── Dataset
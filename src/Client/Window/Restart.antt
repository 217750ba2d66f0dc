-- ===== src/Client/Window/Restart.antt =====
-- The settings that are applied are those of the next start.
use s2_decentralised_storage.Prelude.{
  ◌*◌, ◌++◌, codes, ℕ, ◌≡◌, refl, ap, sym, subst, ◌∙◌, Bool, true, false, Option, none, some, [],
  ◌∷◌, Bytes, arith, Bool-cases, inl, inr, if◌then◌else◌, ◌>>=◌,
}
use s2_decentralised_storage.Peer.Lifecycle as Lifecycle
use s2_decentralised_storage.Peer.Lifecycle.{Server}
use s2_decentralised_storage.Storage.{or_else}
use s2_decentralised_storage.Tracker.{is_empty}
use s2_decentralised_storage.Cpp.Int.{pos}
use s2_decentralised_storage.Client.Qt.{Qt}
use s2_decentralised_storage.Client.Window.{
  Window, is_running, drop_service, replace_service, start_embedded_peer_if_enabled, stopped,
  stop_embedded_peer, stop_if_running, load_bootstrap_seeds, discover_peers,
}
use s2_decentralised_storage.Client.Window.Preferences.{
  gibibyte, data_dir, Answers, Form, Notice, saved, restart_peer, with_form, apply_settings,
  nonempty_or, restored, prompted, load_advertise_ip, load_or_prompt,
}

pub >>=-eq-some {ℓ κ} :
    {A : Type ℓ} {B : Type κ} (m : Option A) (f : A → Option B) {b : B}
    → (m >>= f) ≡ some b
    → (a : A) × (m ≡ some a) × (f a ≡ some b)
>>=-eq-some none f h = absurd (ground (arith, h))
>>=-eq-some (some a) f h = (a, refl, h)

some-fst {ℓ κ} :
    {A : Type ℓ} {B : Type κ} {a c : A} {b d : B}
    → ◌≡◌ {A = Option (A × B)} (some (a, b)) (some (c, d))
    → c ≡ a
some-fst h = ground (arith, h)

abbrev with_found : Bytes → Window → Window
with_found found w = record w { discovered_peers_csv = found }

abbrev with_service : Option Server → Window → Window
with_service o w = record w { embedded_peer_service = o }

-- At most the embedded peer has changed.
abbrev SameButPeer : Window → Window → Type 0
SameButPeer w w' = (o : Option Server) × (w' ≡ record w { embedded_peer_service = o })

replace-SameButPeer :
    (serves : Bytes → Bool) (w : Window) {w' : Window}
    → replace_service serves w ≡ some w'
    → SameButPeer w w'
unfolding replace_service
replace-SameButPeer serves w h =
    let (_, _, h1) = >>=-eq-some (drop_service w.embedded_peer_service) _ h in
    let (s, _, h2) = >>=-eq-some (Lifecycle.start Lifecycle.create) _ h1 in
    (if serves w.peer_storage_dir then some s else none, ground (arith, h2))

pub start-SameButPeer :
    (serves : Bytes → Bool) (w : Window) {w' : Window}
    → start_embedded_peer_if_enabled serves w ≡ some w'
    → SameButPeer w w'
unfolding start_embedded_peer_if_enabled
start-SameButPeer serves w h = elim (Bool-cases w.peer_enabled) [
  | inr off ↦ (w.embedded_peer_service, ground (arith, h, off))
  | inl on ↦ elim (Bool-cases (is_running w.embedded_peer_service)) [
    | inl run ↦ (w.embedded_peer_service, ground (arith, h, on, run))
    | inr idle ↦ elim (Bool-cases (is_empty w.peer_storage_dir)) [
      | inl nil ↦ (w.embedded_peer_service, ground (arith, h, on, idle, nil))
      | inr dir ↦ replace-SameButPeer serves w (ground (arith, h, on, idle, dir))
    ]
  ]
]

stopped-SameButPeer :
    (w : Window) (o : Option Server) {w' : Window}
    → w.embedded_peer_service ≡ o
    → stopped w o ≡ some w'
    → SameButPeer w w'
unfolding stopped
stopped-SameButPeer w none e h = (w.embedded_peer_service, ground (arith, h))
stopped-SameButPeer w (some s) e h =
    let (_, _, h1) = >>=-eq-some (Lifecycle.destroy (Lifecycle.stop s)) _ h in
    (none, ground (arith, h1))

stop-SameButPeer : (w : Window) {w' : Window} → stop_if_running w ≡ some w' → SameButPeer w w'
unfolding stop_if_running stop_embedded_peer
stop-SameButPeer w h = elim (Bool-cases (is_running w.embedded_peer_service)) [
  | inl run ↦ stopped-SameButPeer w w.embedded_peer_service refl (ground (arith, h, run))
  | inr idle ↦ (w.embedded_peer_service, ground (arith, h, idle))
]

nonempty_or_lem : (s d : Bytes) → is_empty s ≡ false → nonempty_or s d ≡ s
unfolding nonempty_or is_empty
nonempty_or_lem [] d h = absurd (ground (arith, h))
nonempty_or_lem (c ∷ s) d h = refl

module _ (qt : Qt) (online : Bytes → ℕ → Bool) (serves : Bytes → Bool) where
  -- Beside the embedded peer, what was found may have changed.
  pub restart_peer_inv :
      (w : Window) {w' : Window} {n : Notice}
      → restart_peer qt online serves w ≡ some (w', n)
      → (o : Option Server) × (found : Bytes) × (w'
          ≡ record w { embedded_peer_service = o; discovered_peers_csv = found })
  unfolding restart_peer discover_peers
  restart_peer_inv w h =
      let (halted, e1, h1) = >>=-eq-some (stop_if_running w) _ h in
      let (running, e2, h2) = >>=-eq-some (start_embedded_peer_if_enabled serves halted) _ h1 in
      let (o1, p1) = stop-SameButPeer w e1 in
      let (o2, p2) = start-SameButPeer serves halted e2 in
      let shown = (discover_peers qt online running).discovered_peers_csv in
      (o2, shown, some-fst h2 ∙ ap (λ v. with_found shown v) (p2 ∙ ap (λ v. with_service o2 v) p1))

  -- Settings that were saved had two folders, and went into the fields and the settings.
  record WasApplied (f : Form) (w w' : Window) : Type 0 where
    manifests : is_empty (qt.trimmed f.manifest_dir) ≡ false
    dir : is_empty (qt.trimmed f.storage_dir) ≡ false
    service : Option Server
    found : Bytes
    result : w' ≡ record (with_form (qt.trimmed f.manifest_dir) (qt.trimmed f.storage_dir) f w) {
      embedded_peer_service = service;
      discovered_peers_csv = found;
    }

  apply_settings_inv :
      (can_create : Bytes → Bool) (f : Form) (w w' : Window)
      → apply_settings qt online serves can_create f w ≡ some (w', saved)
      → WasApplied f w w'
  unfolding apply_settings
  apply_settings_inv can_create f w w' h =
      elim (Bool-cases (is_empty (qt.trimmed f.manifest_dir))) [
        | inl blank ↦ absurd (ground (arith, h, blank))
        | inr folder ↦ elim (Bool-cases (can_create (qt.trimmed f.manifest_dir))) [
          | inr missing ↦ absurd (ground (arith, h, folder, missing))
          | inl made ↦ elim (Bool-cases (is_empty (qt.trimmed f.storage_dir))) [
            | inl empty ↦ absurd (ground (arith, h, folder, made, empty))
            | inr dir ↦
                let (o, found, e) =
                  restart_peer_inv
                    (with_form (qt.trimmed f.manifest_dir) (qt.trimmed f.storage_dir) f w)
                    {n = saved} (ground (arith, h, folder, made, dir)) in
                record { manifests = folder; dir = dir; service = o; found = found; result = e }
          ]
        ]
      ]

-- The fields of the embedded peer and of the manifests' folder are the same.
pub record IsSamePeer (r w : Window) : Type 0 where
  pub enabled : r.peer_enabled ≡ w.peer_enabled
  pub max_bytes : r.peer_max_bytes ≡ w.peer_max_bytes
  pub port : r.peer_port ≡ w.peer_port
  pub storage_dir : r.peer_storage_dir ≡ w.peer_storage_dir
  pub manifest_dir : r.local_manifest_dir ≡ w.local_manifest_dir

module _ (qt : Qt) where
  load_or_prompt-restored :
      (a : Answers) (app_data : Bytes) (w : Window)
      → w.settings.initialized ≡ some true
      → load_or_prompt qt a app_data w
        ≡ load_advertise_ip qt (load_bootstrap_seeds qt (restored qt app_data w))
  unfolding load_or_prompt or_else
  load_or_prompt-restored a app_data w h =
      ap
        (λ o. load_advertise_ip qt (
          load_bootstrap_seeds qt
            (if or_else o false then restored qt app_data w else prompted a app_data w)))
        h

  -- What was saved is in the settings that the next start reads.
  module _ (online : Bytes → ℕ → Bool) (serves : Bytes → Bool) (f : Form) (w w' next : Window)
      (was : WasApplied qt online serves f w w') (same : next.settings ≡ w'.settings) where
    kept_settings :
        next.settings
        ≡ (with_form (qt.trimmed f.manifest_dir) (qt.trimmed f.storage_dir) f w).settings
    unfolding with_form
    kept_settings = same ∙ ap (λ v. v.settings) was.result

    restored-IsSamePeer :
        (idem : (s : Bytes) → qt.trimmed (qt.trimmed s) ≡ qt.trimmed s) (app_data : Bytes)
        → IsSamePeer (restored qt app_data next) w'
    unfolding restored with_form or_else
    restored-IsSamePeer idem app_data =
        let folder = data_dir app_data ++ codes "/manifests" in
        record {
          enabled =
              ap (λ s. or_else s.enabled true) kept_settings
              ∙ sym (ap (λ v. v.peer_enabled) was.result);
          max_bytes =
              ap (λ s. or_else s.max_bytes (5 * gibibyte)) kept_settings
              ∙ sym (ap (λ v. v.peer_max_bytes) was.result);
          port =
              ap (λ s. or_else s.port (pos 9101)) kept_settings
              ∙ sym (ap (λ v. v.peer_port) was.result);
          storage_dir =
              ap
                (λ s.
                  nonempty_or (or_else s.storage_dir [])
                    (data_dir app_data ++ codes "/peer-storage"))
                kept_settings
              ∙ nonempty_or_lem (qt.trimmed f.storage_dir) _ was.dir
              ∙ sym (ap (λ v. v.peer_storage_dir) was.result);
          manifest_dir =
              ap (λ s. nonempty_or (qt.trimmed (or_else s.manifest_dir folder)) folder)
                kept_settings
              ∙ ap (λ t. nonempty_or t folder) (idem f.manifest_dir)
              ∙ nonempty_or_lem (qt.trimmed f.manifest_dir) folder was.manifests
              ∙ sym (ap (λ v. v.local_manifest_dir) was.result);
        }

  -- Settings that the window reports as saved, on a machine where the first start is over, are those
  -- of the next start: a window that opens on them has the same contribution, size, port, storage
  -- folder and manifests' folder as the window that saved them, where trimming a trimmed text leaves
  -- it as it is.
  pub apply_settings-load_or_prompt :
      (idem : (s : Bytes) → qt.trimmed (qt.trimmed s) ≡ qt.trimmed s)
      → (online : Bytes → ℕ → Bool) (serves can_create : Bytes → Bool) (a : Answers)
        (app_data : Bytes)
      → (f : Form) (w w' next : Window) → w.settings.initialized ≡ some true
      → apply_settings qt online serves can_create f w ≡ some (w', saved)
      → next.settings ≡ w'.settings
      → IsSamePeer (load_or_prompt qt a app_data next) w'
  unfolding load_advertise_ip load_bootstrap_seeds with_form
  apply_settings-load_or_prompt idem online serves can_create a app_data f w w' next init h same =
      let was = apply_settings_inv qt online serves can_create f w w' h in
      let again = restored-IsSamePeer online serves f w w' next was same idem app_data in
      let started : next.settings.initialized ≡ some true =
        ap (λ s. s.initialized) (kept_settings online serves f w w' next was same) ∙ init in
      let loaded : IsSamePeer
          (load_advertise_ip qt (load_bootstrap_seeds qt (restored qt app_data next))) w' =
        record {
          enabled = again.enabled;
          max_bytes = again.max_bytes;
          port = again.port;
          storage_dir = again.storage_dir;
          manifest_dir = again.manifest_dir;
        } in
      subst (λ v. IsSamePeer v w') (sym (load_or_prompt-restored a app_data next started)) loaded
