-- ===== src/Client/Window/Queue.antt =====
-- src/client/main_window.cpp: what the operations of the window do to the calls that are queued.
use s2_decentralised_storage.Prelude.{
  ℕ, ◌<◌, ◌≡◌, refl, ap, ◌∙◌, Bool, false, Bool-cases, Option, none, some, List, [], ◌∷◌, ◌++◌,
  Bytes, arith, inl, inr, All, All-append,
}
use s2_decentralised_storage.FileSystem.{FileSystem}
use s2_decentralised_storage.Storage.{or_else}
use s2_decentralised_storage.Tracker.{is_empty}
use s2_decentralised_storage.Client.Qt.{Qt}
use s2_decentralised_storage.Client.Worker.{
  Signal, put_finished, get_finished, repair_finished, error, chunk_size_of,
}
use s2_decentralised_storage.Client.Window.{
  Window, Post, put_file, get_file, repair, start_embedded_peer_if_enabled, load_bootstrap_seeds,
  discover_peers,
}
use s2_decentralised_storage.Client.Window.Preferences.{
  Answers, Form, Notice, restart_peer, with_form, apply_settings, with_network,
  apply_network_settings, restored, prompted, load_advertise_ip, load_or_prompt, open_window,
}
use s2_decentralised_storage.Client.Window.Actions.{
  chunk_size_or, tracker_ip, chunk_size_text, put_clicked, get_clicked, repair_clicked,
  download_clicked, on_signal, suggested_name,
}
use s2_decentralised_storage.Client.Window.Restart.{
  >>=-eq-some, start-SameButPeer, restart_peer_inv,
}

-- A call that the worker can make something of: there are peers, no path is empty, and the chunks
-- have a size.
abbrev pub IsReady : Post → Type 0
IsReady (put_file peers path dir size replicas key) =
    (is_empty peers ≡ false) × (is_empty path ≡ false) × (0 < size)
IsReady (get_file peers ref out key) =
    (is_empty peers ≡ false) × (is_empty ref ≡ false) × (is_empty out ≡ false)
IsReady (repair peers replicas batch) = is_empty peers ≡ false

chunk_size_or-positive : (o : Option ℕ) → 0 < chunk_size_or o
unfolding chunk_size_or chunk_size_of
chunk_size_or-positive none = omega arith
chunk_size_or-positive (some n) = ground arith

chunk_size_text-positive : (qt : Qt) (s : Bytes) → 0 < chunk_size_text qt s
unfolding chunk_size_text
chunk_size_text-positive qt [] = omega arith
chunk_size_text-positive qt (c ∷ s) = chunk_size_or-positive (qt.to_u64 (c ∷ s))

some-of {ℓ} : {A : Type ℓ} {a b : A} → some a ≡ some b → b ≡ a
some-of h = ground (arith, h)

module _ (qt : Qt) where
  -- At the end of the queue.
  queued_lem : (l : List Post) (p : Post) → All IsReady l → IsReady p → All IsReady (l ++ p ∷ [])
  queued_lem l p h r = All-append IsReady l (p ∷ []) h (r, tt)

  pub put_clicked-AreReady :
      (w : Window) (file chunk key : Bytes) (replicas : ℕ)
      → All IsReady w.posted
      → All IsReady (put_clicked qt file chunk replicas key w).0.posted
  unfolding put_clicked
  put_clicked-AreReady w file chunk key replicas h =
      elim (Bool-cases (is_empty (tracker_ip qt w))) [
        | inl alone ↦ rw alone h
        | inr peers ↦ elim (Bool-cases (is_empty (qt.trimmed file))) [
          | inl blank ↦ rw (peers, blank) h
          | inr path ↦
              rw (peers, path)
                (queued_lem w.posted _ h
                  (peers, path, chunk_size_text-positive qt (qt.trimmed chunk)))
        ]
      ]

  pub get_clicked-AreReady :
      (w : Window) (manifest output key : Bytes)
      → All IsReady w.posted
      → All IsReady (get_clicked qt manifest output key w).0.posted
  unfolding get_clicked
  get_clicked-AreReady w manifest output key h = elim (Bool-cases (is_empty (tracker_ip qt w))) [
    | inl alone ↦ rw alone h
    | inr peers ↦ elim (Bool-cases (is_empty (qt.trimmed manifest))) [
      | inl blank ↦ rw (peers, blank) h
      | inr ref ↦ elim (Bool-cases (is_empty (qt.trimmed output))) [
        | inl blank ↦ rw (peers, ref, blank) h
        | inr out ↦ rw (peers, ref, out) (queued_lem w.posted _ h (peers, ref, out))
      ]
    ]
  ]

  pub repair_clicked-AreReady :
      (w : Window) (replicas batch : ℕ)
      → All IsReady w.posted
      → All IsReady (repair_clicked qt replicas batch w).0.posted
  unfolding repair_clicked
  repair_clicked-AreReady w replicas batch h = elim (Bool-cases (is_empty (tracker_ip qt w))) [
    | inl alone ↦ rw alone h
    | inr peers ↦ rw peers (queued_lem w.posted _ h peers)
  ]

  pub download_clicked-AreReady :
      (w : Window) (choose : Bytes → Bytes) (share_id key : Bytes)
      → All IsReady w.posted
      → All IsReady (download_clicked qt choose share_id key w).0.posted
  unfolding download_clicked
  download_clicked-AreReady w choose share_id key h = elim (Bool-cases (is_empty share_id)) [
    | inl blank ↦ rw blank h
    | inr ref ↦ elim (Bool-cases (is_empty (tracker_ip qt w))) [
      | inl alone ↦ rw (ref, alone) h
      | inr peers ↦ elim (Bool-cases (is_empty (choose (suggested_name share_id)))) [
        | inl blank ↦ rw (ref, peers, blank) h
        | inr out ↦ rw (ref, peers, out) (queued_lem w.posted _ h (peers, ref, out))
      ]
    ]
  ]

  pub on_signal-posted :
      (fs : FileSystem) (s : Signal) (w : Window) → (on_signal fs s w).posted ≡ w.posted
  unfolding on_signal
  on_signal-posted fs (put_finished id path) w = refl
  on_signal-posted fs (get_finished path) w = refl
  on_signal-posted fs repair_finished w = refl
  on_signal-posted fs error w = refl

module _ (qt : Qt) (online : Bytes → ℕ → Bool) (serves : Bytes → Bool) where
  restart_peer-posted :
      (w : Window) {w' : Window} {n : Notice}
      → restart_peer qt online serves w ≡ some (w', n)
      → w'.posted ≡ w.posted
  restart_peer-posted w h =
      let (o, found, e) = restart_peer_inv qt online serves w h in ap (λ v. v.posted) e

  pub apply_settings-posted :
      (can_create : Bytes → Bool) (f : Form) (w w' : Window) (n : Notice)
      → apply_settings qt online serves can_create f w ≡ some (w', n)
      → w'.posted ≡ w.posted
  unfolding apply_settings with_form
  apply_settings-posted can_create f w w' n h =
      let dir = qt.trimmed f.storage_dir in
      let manifests = qt.trimmed f.manifest_dir in
      elim (Bool-cases (is_empty manifests)) [
        | inl blank ↦ ground (arith, h, blank)
        | inr folder ↦ elim (Bool-cases (can_create manifests)) [
          | inr missing ↦ ground (arith, h, folder, missing)
          | inl made ↦ elim (Bool-cases (is_empty dir)) [
            | inl blank ↦ ground (arith, h, folder, made, blank)
            | inr place ↦
                restart_peer-posted (with_form manifests dir f w) {w' = w'} {n = n}
                  (ground (arith, h, folder, made, place))
          ]
        ]
      ]

  pub apply_network_settings-posted :
      (address seeds : Bytes) (w w' : Window) (n : Notice)
      → apply_network_settings qt online serves address seeds w ≡ some (w', n)
      → w'.posted ≡ w.posted
  unfolding apply_network_settings with_network load_bootstrap_seeds
  apply_network_settings-posted address seeds w w' n h =
      elim (Bool-cases (is_empty (qt.trimmed address))) [
        | inl blank ↦ ground (arith, h, blank)
        | inr there ↦
            restart_peer-posted
              (load_bootstrap_seeds qt
                (with_network qt online serves (qt.trimmed address) (qt.trimmed seeds) w))
              {w' = w'} {n = n} (ground (arith, h, there))
      ]

  load_or_prompt-posted :
      (a : Answers) (app_data : Bytes) (w : Window)
      → (load_or_prompt qt a app_data w).posted ≡ w.posted
  unfolding load_or_prompt prompted restored load_advertise_ip load_bootstrap_seeds
  load_or_prompt-posted a app_data w = elim (Bool-cases (or_else w.settings.initialized false)) [
    | inl done ↦ rw done refl
    | inr fresh ↦ rw fresh refl
  ]

  pub open_window-posted :
      (a : Answers) (app_data : Bytes) (w w' : Window)
      → open_window qt online serves a app_data w ≡ some w'
      → w'.posted ≡ w.posted
  unfolding open_window discover_peers
  open_window-posted a app_data w w' h =
      let loaded = load_or_prompt qt a app_data w in
      let (running, e, h1) = >>=-eq-some (start_embedded_peer_if_enabled serves loaded) _ h in
      let (o, same) = start-SameButPeer serves loaded e in
      let last : w'.posted ≡ running.posted = ap (λ v. v.posted) (some-of h1) in
      last ∙ ap (λ v. v.posted) same ∙ load_or_prompt-posted a app_data w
────
• [What to do] Each line from the one containing "unfolding apply_network_settings with_network" through the last line of the entries above is to be returned exactly, and no others.

• [Response below]
  unfolding apply_network_settings with_network load_bootstrap_seeds
  apply_network_settings-posted address seeds w w' n h =
      elim (Bool-cases (is_empty (qt.trimmed address))) [
        | inl blank ↦ ground (arith, h, blank)
        | inr there ↦
            restart_peer-posted
              (load_bootstrap_seeds qt
                (with_network qt online serves (qt.trimmed address) (qt.trimmed seeds) w))
              {w' = w'} {n = n} (ground (arith, h, there))
      ]

  load_or_prompt-posted :
      (a : Answers) (app_data : Bytes) (w : Window)
      → (load_or_prompt qt a app_data w).posted ≡ w.posted
  unfolding load_or_prompt prompted restored load_advertise_ip load_bootstrap_seeds
  load_or_prompt-posted a app_data w = elim (Bool-cases (or_else w.settings.initialized false)) [
    | inl done ↦ rw done refl
    | inr fresh ↦ rw fresh refl
  ]

  pub open_window-posted :
      (a : Answers) (app_data : Bytes) (w w' : Window)
      → open_window qt online serves a app_data w ≡ some w'
      → w'.posted ≡ w.posted
  unfolding open_window discover_peers
  open_window-posted a app_data w w' h =
      let loaded = load_or_prompt qt a app_data w in
      let (running, e, h1) = >>=-eq-some (start_embedded_peer_if_enabled serves loaded) _ h in
      let (o, same) = start-SameButPeer serves loaded e in
      let last : w'.posted ≡ running.posted = ap (λ v. v.posted) (some-of h1) in
      last ∙ ap (λ v. v.posted) same ∙ load_or_prompt-posted a app_data w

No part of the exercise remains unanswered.